#### Data excerpts
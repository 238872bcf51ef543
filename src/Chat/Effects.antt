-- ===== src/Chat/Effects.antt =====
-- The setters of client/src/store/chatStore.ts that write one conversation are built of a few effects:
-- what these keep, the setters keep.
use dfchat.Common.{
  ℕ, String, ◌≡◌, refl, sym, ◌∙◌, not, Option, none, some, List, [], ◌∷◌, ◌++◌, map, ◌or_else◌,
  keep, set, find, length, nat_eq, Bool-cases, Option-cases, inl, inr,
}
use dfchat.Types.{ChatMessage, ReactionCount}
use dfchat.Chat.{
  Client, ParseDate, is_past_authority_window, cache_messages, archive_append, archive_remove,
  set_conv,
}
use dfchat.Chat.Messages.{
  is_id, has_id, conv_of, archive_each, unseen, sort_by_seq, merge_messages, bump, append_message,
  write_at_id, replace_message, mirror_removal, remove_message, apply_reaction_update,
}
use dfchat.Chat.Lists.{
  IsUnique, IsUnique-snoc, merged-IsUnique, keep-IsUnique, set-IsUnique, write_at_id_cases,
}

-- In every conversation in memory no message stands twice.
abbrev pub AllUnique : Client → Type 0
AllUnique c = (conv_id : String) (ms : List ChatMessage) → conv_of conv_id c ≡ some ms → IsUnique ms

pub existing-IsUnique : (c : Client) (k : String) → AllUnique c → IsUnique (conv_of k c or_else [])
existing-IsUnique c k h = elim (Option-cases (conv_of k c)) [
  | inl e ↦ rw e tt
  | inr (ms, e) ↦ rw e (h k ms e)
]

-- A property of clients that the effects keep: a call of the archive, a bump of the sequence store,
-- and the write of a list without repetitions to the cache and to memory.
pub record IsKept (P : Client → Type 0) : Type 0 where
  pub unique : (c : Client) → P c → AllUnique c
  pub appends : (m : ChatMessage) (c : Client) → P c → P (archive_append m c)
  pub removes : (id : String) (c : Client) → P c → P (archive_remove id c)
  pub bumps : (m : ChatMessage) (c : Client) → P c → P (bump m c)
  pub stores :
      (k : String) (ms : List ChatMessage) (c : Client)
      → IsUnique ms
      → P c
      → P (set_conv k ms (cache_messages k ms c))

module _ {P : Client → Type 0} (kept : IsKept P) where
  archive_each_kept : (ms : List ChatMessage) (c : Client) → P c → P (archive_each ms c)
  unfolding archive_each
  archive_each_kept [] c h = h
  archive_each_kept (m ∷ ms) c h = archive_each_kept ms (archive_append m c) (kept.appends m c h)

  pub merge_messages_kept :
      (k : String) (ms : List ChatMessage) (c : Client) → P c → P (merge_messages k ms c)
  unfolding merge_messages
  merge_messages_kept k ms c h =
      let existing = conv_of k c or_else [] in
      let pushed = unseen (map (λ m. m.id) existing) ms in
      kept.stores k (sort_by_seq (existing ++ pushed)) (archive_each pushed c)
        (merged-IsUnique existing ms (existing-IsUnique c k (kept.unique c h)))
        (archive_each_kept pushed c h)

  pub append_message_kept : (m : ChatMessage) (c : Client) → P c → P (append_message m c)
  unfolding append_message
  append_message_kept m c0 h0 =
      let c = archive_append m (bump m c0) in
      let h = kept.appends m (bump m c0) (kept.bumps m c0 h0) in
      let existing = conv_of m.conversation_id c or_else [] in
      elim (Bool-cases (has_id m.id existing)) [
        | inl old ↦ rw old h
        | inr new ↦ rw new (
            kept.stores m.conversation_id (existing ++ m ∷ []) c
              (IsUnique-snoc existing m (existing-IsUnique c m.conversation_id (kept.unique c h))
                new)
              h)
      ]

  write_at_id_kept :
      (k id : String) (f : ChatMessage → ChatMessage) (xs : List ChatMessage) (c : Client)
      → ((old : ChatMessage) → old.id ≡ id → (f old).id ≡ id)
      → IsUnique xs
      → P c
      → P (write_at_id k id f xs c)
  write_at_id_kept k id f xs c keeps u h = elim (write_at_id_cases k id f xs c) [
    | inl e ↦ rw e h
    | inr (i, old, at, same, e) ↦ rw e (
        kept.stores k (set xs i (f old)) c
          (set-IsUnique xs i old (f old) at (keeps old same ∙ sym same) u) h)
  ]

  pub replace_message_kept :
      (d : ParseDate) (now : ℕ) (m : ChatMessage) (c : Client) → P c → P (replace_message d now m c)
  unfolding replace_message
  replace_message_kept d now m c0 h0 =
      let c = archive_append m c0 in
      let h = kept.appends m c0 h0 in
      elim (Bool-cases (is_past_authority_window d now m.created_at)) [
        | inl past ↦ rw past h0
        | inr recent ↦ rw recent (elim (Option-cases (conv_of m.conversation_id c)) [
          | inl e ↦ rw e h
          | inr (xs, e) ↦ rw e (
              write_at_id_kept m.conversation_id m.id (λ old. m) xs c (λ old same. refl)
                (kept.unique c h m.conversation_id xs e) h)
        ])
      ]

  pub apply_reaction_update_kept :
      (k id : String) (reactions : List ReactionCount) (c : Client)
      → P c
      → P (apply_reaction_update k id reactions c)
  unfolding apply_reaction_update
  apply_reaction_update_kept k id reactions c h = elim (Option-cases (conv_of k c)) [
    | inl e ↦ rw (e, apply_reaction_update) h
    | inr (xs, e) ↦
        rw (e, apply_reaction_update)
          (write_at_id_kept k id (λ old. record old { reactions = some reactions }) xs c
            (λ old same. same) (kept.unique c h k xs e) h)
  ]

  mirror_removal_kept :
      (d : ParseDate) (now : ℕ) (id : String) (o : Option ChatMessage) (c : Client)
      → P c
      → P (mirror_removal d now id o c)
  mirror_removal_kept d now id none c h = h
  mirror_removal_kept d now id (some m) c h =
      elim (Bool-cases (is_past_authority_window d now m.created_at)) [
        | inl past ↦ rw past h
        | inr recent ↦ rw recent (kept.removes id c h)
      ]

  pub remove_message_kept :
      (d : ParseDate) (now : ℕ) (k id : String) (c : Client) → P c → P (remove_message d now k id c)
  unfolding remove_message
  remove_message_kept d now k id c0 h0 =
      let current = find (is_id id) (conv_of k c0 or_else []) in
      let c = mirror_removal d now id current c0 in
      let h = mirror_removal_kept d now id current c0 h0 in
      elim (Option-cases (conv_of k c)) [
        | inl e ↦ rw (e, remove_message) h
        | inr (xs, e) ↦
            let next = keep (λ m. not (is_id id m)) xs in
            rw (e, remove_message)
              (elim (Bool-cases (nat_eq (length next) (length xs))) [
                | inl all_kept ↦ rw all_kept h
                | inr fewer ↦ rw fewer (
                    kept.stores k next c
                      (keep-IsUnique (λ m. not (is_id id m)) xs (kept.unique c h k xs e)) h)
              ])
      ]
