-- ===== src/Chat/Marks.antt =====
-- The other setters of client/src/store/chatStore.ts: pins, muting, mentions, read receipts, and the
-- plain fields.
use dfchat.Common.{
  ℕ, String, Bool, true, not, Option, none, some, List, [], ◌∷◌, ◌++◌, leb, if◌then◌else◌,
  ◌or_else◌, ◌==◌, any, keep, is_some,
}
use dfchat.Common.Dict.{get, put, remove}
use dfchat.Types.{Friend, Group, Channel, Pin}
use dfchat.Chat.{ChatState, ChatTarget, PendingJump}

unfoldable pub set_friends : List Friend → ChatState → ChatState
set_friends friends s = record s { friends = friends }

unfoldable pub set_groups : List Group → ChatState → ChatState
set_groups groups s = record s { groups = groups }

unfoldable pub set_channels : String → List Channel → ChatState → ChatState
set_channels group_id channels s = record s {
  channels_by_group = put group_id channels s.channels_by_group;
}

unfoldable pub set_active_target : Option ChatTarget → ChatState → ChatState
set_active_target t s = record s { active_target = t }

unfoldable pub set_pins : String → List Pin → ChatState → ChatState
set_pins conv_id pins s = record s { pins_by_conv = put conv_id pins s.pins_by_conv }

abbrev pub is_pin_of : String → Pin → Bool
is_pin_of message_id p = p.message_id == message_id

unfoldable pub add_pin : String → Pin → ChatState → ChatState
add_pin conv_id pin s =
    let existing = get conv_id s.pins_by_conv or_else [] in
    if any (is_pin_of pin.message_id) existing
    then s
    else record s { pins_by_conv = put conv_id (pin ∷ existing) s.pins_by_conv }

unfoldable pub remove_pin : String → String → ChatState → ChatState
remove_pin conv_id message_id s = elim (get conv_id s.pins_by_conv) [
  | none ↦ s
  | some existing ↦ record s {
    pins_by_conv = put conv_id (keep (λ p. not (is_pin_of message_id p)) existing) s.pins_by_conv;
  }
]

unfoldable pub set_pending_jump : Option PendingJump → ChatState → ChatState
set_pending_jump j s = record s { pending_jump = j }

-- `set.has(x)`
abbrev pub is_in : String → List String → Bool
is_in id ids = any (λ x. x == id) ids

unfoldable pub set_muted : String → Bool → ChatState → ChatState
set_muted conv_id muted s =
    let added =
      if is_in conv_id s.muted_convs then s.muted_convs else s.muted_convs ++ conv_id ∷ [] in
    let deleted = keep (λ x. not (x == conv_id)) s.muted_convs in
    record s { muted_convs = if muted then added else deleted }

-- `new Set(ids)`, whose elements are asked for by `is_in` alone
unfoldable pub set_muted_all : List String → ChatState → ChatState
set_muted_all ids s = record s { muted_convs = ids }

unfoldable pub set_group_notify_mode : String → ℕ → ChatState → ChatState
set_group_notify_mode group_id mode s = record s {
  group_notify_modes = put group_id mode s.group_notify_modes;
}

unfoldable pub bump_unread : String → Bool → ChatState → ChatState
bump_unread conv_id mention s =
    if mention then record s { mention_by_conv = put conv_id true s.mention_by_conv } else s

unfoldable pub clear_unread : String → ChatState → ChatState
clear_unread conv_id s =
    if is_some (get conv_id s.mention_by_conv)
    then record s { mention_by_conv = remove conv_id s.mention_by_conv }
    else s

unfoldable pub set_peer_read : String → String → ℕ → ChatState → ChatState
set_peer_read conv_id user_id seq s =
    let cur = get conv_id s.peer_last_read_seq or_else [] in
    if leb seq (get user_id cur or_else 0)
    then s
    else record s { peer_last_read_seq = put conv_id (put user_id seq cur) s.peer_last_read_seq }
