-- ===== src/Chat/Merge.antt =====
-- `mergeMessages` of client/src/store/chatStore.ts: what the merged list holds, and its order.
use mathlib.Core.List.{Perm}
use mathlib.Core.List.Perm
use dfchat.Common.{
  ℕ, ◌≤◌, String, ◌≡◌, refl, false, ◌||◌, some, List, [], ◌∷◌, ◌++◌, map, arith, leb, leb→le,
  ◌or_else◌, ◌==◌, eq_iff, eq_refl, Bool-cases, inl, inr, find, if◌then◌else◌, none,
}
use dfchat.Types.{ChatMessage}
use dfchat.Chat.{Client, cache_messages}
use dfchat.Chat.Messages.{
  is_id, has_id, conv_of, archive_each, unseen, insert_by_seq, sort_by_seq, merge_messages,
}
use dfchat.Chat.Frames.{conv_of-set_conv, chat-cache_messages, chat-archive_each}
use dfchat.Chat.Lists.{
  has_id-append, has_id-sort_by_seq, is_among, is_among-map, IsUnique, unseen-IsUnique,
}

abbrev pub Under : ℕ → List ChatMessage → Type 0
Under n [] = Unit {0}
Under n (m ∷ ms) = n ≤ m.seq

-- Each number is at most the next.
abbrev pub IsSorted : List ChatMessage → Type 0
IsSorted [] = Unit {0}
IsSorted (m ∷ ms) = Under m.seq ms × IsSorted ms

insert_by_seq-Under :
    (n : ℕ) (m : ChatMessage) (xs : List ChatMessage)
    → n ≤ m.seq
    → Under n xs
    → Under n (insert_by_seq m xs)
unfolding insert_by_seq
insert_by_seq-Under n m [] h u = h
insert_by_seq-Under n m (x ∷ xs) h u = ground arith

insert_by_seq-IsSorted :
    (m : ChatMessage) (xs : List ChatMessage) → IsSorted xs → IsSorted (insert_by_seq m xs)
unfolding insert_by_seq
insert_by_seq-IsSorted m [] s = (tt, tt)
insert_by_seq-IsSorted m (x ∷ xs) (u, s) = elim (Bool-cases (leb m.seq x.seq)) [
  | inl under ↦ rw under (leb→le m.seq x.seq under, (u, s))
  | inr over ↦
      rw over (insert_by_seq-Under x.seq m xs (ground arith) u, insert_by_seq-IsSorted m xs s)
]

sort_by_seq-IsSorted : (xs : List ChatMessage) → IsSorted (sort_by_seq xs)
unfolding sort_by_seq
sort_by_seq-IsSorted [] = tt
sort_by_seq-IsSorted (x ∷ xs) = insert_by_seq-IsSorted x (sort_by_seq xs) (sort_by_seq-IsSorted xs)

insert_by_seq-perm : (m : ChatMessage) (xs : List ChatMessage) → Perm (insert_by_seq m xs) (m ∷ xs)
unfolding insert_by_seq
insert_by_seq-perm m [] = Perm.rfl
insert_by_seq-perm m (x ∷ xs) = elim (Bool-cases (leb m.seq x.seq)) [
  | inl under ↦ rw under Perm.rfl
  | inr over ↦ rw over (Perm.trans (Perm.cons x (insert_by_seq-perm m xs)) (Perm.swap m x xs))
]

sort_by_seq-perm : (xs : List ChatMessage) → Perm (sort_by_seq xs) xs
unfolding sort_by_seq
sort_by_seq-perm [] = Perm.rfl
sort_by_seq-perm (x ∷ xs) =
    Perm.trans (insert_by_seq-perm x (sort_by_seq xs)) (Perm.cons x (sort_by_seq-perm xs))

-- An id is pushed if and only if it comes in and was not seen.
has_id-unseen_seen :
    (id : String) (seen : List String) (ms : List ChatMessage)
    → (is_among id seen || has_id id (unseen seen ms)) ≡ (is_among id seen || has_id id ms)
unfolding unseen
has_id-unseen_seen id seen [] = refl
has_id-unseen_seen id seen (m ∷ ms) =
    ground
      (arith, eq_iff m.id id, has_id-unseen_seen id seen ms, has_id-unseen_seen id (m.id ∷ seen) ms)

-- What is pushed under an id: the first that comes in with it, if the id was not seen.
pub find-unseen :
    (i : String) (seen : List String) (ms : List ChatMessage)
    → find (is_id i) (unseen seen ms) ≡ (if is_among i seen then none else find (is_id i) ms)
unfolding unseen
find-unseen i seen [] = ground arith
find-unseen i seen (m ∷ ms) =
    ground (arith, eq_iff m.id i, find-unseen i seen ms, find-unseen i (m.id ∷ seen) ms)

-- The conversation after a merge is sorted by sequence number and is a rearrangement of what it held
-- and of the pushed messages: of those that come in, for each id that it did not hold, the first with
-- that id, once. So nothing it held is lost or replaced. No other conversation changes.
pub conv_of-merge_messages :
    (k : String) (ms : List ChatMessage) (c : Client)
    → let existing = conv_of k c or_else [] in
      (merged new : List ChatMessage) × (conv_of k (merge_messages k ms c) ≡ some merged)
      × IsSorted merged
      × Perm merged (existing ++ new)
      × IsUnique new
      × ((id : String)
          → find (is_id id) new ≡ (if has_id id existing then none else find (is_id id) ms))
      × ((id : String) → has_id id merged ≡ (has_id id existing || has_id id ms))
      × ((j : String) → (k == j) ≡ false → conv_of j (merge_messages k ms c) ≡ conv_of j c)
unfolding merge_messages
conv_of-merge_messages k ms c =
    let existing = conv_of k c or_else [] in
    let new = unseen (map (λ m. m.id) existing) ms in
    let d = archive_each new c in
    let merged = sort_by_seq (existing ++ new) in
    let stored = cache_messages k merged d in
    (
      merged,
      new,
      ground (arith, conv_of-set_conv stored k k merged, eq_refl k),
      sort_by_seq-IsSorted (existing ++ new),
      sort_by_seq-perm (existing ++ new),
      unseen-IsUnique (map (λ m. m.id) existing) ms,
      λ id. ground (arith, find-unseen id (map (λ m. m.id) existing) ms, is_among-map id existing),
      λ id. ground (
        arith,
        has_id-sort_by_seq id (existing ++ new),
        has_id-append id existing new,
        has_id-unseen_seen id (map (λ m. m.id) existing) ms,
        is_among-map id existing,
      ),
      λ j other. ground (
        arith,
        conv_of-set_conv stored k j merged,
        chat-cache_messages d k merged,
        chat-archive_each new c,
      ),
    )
########
→ Task to complete: In the entries above, one line contains "let merged = sort_by_seq" and another contains "unseen-IsUnique (map (λ". Reproduce exactly those two lines and the lines between them, nothing else.

→ Output:
    let merged = sort_by_seq (existing ++ new) in
    let stored = cache_messages k merged d in
    (
      merged,
      new,
      ground (arith, conv_of-set_conv stored k k merged, eq_refl k),
      sort_by_seq-IsSorted (existing ++ new),
      sort_by_seq-perm (existing ++ new),
      unseen-IsUnique (map (λ m. m.id) existing) ms,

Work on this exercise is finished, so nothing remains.